PROBLEM REQUIREMENTS:
Your answer should consist of every line in the records that holds "ScoringSystem".

# # # #

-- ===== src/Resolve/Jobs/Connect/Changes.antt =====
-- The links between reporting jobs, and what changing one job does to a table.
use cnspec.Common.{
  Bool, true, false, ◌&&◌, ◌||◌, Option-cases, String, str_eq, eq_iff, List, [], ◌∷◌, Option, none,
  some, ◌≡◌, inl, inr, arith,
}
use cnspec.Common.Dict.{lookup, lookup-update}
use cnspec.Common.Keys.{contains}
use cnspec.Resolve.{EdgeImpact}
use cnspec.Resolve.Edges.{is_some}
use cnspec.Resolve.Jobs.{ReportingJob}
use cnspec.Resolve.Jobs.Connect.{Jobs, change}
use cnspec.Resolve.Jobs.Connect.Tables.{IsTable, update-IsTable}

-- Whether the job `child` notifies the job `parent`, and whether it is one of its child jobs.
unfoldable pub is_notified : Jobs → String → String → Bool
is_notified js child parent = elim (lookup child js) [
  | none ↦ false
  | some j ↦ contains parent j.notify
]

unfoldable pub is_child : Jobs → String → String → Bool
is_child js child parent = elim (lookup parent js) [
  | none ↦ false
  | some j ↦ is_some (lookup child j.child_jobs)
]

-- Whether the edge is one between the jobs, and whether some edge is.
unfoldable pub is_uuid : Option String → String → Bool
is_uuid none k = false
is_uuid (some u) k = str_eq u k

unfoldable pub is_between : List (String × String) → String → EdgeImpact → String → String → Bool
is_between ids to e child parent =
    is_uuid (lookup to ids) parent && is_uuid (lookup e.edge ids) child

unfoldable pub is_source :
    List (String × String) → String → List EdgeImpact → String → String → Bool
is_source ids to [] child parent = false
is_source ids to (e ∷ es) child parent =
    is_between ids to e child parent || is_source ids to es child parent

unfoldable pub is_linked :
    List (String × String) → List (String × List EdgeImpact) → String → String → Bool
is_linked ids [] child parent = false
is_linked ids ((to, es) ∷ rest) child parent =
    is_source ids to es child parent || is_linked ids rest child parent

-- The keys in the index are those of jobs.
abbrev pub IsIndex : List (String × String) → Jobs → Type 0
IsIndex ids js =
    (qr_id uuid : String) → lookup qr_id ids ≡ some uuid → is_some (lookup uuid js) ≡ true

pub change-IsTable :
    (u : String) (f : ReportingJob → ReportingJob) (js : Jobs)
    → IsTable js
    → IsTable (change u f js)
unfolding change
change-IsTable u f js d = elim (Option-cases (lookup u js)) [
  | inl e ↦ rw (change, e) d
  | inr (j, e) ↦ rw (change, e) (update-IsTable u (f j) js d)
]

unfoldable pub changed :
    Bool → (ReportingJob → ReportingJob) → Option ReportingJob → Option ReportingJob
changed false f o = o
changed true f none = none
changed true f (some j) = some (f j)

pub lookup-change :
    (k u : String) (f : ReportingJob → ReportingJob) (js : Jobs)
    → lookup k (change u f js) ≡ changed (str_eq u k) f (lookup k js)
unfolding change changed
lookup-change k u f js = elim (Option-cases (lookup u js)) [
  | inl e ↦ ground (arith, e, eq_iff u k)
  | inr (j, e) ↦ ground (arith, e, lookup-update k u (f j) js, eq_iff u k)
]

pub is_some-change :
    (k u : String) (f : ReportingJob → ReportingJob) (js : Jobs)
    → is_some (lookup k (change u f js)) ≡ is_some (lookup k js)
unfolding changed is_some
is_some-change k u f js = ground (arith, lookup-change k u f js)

# # # #

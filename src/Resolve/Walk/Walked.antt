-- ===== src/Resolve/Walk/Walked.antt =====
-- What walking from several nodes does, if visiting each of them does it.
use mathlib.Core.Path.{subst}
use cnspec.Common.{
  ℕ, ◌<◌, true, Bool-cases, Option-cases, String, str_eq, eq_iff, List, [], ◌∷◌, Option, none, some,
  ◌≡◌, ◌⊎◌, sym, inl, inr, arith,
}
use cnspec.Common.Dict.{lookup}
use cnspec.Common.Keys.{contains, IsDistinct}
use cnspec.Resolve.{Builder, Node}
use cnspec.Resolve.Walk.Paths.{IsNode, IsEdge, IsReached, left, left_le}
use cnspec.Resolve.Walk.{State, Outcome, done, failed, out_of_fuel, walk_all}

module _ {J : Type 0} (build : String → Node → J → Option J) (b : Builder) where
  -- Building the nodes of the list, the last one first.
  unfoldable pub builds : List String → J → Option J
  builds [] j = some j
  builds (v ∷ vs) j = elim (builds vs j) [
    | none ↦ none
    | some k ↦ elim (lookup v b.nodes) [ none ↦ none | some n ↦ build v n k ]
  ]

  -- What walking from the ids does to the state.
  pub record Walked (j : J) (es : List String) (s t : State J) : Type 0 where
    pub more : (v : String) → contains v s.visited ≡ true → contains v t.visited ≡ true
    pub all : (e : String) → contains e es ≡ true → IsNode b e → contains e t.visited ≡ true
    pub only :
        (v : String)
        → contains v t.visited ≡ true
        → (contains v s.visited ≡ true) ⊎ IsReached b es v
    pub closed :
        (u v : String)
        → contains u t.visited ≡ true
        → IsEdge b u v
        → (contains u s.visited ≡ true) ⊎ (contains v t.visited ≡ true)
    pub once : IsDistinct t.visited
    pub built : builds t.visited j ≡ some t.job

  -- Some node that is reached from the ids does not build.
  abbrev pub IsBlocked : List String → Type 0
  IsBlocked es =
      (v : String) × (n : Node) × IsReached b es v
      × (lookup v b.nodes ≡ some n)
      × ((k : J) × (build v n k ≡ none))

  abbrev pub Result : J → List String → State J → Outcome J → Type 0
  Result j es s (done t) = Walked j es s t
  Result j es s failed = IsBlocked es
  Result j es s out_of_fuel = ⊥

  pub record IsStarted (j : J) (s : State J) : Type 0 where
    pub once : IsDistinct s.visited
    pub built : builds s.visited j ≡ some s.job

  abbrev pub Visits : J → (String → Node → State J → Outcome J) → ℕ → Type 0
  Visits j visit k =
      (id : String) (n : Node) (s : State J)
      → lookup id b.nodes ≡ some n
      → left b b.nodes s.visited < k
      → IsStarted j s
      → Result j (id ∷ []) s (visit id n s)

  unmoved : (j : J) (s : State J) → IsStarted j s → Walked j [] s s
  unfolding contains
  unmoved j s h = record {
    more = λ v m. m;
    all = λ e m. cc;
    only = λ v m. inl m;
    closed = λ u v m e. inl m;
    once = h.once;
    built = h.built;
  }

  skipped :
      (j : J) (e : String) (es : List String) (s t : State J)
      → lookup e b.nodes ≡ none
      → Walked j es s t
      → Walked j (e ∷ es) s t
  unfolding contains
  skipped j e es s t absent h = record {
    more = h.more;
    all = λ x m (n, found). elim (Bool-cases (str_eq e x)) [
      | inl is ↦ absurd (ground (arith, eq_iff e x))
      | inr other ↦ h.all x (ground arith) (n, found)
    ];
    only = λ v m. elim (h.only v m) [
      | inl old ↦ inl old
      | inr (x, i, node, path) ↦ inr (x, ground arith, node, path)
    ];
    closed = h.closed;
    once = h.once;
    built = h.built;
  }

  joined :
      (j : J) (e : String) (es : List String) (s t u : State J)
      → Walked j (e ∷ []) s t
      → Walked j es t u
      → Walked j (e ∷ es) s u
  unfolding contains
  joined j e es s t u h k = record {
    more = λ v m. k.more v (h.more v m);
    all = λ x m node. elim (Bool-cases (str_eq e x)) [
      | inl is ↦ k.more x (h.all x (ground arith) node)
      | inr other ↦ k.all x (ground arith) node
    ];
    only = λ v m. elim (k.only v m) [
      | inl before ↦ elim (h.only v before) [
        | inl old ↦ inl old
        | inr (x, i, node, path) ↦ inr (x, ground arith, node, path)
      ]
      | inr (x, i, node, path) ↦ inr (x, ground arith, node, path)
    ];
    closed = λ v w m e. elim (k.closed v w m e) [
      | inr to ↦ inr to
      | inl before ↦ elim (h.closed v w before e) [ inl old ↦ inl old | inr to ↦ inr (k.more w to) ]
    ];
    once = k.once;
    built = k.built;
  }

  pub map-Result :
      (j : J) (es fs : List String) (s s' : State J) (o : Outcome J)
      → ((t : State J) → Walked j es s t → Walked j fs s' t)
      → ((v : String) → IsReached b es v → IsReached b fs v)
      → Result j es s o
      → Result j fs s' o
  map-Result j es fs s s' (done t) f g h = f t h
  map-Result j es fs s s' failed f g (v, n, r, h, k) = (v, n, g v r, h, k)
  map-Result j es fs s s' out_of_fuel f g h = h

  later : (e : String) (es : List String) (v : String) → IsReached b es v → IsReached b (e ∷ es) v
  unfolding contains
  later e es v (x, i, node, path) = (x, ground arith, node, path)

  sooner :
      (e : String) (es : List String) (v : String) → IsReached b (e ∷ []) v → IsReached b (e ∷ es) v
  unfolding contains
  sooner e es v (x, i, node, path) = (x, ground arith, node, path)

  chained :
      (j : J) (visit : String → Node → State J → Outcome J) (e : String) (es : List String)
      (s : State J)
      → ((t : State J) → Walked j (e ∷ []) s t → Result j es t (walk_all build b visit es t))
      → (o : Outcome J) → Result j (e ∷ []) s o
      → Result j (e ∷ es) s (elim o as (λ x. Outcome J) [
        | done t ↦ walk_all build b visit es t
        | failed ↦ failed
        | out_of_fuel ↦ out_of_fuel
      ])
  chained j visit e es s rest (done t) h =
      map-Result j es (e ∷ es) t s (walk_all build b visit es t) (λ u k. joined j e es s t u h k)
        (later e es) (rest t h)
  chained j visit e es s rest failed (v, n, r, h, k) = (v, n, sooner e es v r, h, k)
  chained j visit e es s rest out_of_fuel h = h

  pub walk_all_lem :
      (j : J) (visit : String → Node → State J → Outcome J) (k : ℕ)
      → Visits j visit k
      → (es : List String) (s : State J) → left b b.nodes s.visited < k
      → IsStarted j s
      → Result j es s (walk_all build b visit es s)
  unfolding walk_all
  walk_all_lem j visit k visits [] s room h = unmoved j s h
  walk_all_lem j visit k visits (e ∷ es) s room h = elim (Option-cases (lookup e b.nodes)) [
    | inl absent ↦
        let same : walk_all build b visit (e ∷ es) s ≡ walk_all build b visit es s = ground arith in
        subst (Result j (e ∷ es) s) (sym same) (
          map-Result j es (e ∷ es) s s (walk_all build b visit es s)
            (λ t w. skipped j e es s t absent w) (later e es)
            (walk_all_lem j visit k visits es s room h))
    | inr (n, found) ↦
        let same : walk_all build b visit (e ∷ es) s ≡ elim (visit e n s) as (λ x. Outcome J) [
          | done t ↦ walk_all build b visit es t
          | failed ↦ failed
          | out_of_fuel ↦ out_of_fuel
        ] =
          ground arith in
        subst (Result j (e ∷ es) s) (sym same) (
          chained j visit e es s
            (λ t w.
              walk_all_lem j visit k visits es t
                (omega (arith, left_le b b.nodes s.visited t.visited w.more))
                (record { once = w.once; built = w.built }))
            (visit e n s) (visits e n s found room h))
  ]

# # # #

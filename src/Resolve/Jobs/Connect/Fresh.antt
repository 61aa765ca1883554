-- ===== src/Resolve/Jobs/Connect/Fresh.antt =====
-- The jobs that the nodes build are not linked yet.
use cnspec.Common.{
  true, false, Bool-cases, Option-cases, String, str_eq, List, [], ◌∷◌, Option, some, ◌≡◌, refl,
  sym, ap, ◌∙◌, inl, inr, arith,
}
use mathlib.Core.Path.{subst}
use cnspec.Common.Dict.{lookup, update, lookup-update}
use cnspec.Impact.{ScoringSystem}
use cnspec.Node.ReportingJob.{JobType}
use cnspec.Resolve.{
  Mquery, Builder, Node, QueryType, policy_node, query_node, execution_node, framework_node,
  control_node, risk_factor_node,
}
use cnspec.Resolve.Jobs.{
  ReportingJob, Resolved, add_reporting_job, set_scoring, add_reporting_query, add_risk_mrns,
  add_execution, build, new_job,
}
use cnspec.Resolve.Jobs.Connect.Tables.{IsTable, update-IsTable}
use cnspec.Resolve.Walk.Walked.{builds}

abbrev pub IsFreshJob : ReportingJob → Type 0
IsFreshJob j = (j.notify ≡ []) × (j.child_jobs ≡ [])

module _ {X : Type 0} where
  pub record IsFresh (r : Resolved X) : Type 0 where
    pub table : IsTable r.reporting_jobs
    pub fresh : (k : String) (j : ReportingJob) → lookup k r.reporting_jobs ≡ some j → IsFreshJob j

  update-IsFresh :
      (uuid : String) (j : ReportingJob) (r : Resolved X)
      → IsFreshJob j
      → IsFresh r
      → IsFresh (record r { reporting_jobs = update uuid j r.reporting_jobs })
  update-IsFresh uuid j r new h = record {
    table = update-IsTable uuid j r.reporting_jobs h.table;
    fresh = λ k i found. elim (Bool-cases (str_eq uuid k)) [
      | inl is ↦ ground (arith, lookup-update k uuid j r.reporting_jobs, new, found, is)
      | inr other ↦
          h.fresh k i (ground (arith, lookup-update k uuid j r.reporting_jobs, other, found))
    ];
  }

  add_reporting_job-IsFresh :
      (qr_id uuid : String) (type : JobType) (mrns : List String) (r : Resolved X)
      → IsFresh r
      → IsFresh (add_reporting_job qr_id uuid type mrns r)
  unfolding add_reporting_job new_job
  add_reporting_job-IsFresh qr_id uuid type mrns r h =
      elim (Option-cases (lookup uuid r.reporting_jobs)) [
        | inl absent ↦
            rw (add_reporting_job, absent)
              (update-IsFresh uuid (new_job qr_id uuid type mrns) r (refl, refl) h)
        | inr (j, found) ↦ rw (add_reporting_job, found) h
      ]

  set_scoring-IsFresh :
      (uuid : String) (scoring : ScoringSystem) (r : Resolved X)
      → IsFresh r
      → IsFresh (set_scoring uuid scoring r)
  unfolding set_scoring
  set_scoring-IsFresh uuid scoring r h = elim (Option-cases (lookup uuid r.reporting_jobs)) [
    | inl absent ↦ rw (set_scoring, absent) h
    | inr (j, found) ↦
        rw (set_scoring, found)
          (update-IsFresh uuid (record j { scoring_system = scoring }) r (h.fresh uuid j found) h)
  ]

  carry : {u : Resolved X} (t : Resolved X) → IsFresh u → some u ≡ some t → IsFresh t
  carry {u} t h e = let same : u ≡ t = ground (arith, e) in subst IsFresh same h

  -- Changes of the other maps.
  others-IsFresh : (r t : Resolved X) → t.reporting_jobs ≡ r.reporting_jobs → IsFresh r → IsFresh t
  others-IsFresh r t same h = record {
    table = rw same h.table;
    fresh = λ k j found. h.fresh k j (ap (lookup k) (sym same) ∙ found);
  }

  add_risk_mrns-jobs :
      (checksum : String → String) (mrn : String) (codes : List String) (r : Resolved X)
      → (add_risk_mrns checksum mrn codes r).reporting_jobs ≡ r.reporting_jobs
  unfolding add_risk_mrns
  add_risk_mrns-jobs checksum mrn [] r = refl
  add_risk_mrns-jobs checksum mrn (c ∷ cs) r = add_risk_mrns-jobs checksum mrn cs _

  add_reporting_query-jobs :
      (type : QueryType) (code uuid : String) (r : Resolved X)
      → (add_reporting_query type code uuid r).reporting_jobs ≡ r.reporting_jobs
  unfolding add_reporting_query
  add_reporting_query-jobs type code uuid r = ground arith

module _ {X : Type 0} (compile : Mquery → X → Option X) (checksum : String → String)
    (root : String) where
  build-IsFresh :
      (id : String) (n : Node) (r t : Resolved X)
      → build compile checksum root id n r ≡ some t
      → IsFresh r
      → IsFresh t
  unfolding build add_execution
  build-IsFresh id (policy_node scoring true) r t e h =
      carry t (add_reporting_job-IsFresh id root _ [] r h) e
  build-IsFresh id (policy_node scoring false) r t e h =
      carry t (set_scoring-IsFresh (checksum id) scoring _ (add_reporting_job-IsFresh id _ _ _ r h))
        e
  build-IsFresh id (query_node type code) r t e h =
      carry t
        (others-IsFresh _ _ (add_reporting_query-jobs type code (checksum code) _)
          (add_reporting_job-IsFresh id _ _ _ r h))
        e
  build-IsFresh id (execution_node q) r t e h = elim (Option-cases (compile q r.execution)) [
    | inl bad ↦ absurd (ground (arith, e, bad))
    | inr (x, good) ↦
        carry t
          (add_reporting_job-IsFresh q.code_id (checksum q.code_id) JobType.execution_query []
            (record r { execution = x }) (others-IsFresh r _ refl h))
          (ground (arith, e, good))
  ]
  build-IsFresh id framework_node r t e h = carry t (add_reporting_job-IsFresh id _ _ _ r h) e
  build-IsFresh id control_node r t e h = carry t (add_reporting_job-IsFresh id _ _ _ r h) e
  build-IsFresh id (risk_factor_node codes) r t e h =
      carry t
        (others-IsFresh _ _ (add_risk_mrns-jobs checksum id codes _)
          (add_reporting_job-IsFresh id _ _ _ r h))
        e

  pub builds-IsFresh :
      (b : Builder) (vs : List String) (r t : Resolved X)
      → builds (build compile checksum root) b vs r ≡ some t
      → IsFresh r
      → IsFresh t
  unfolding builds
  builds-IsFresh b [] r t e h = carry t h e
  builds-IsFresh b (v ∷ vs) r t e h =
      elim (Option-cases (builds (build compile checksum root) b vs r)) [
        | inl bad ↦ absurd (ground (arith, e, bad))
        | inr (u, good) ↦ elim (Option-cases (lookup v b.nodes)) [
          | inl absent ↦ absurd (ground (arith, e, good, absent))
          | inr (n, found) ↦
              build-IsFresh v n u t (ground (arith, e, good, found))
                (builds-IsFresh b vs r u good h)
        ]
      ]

# # # #

REPLY TO THE EXERCISE:
use cnspec.Impact.{ScoringSystem}
      (uuid : String) (scoring : ScoringSystem) (r : Resolved X)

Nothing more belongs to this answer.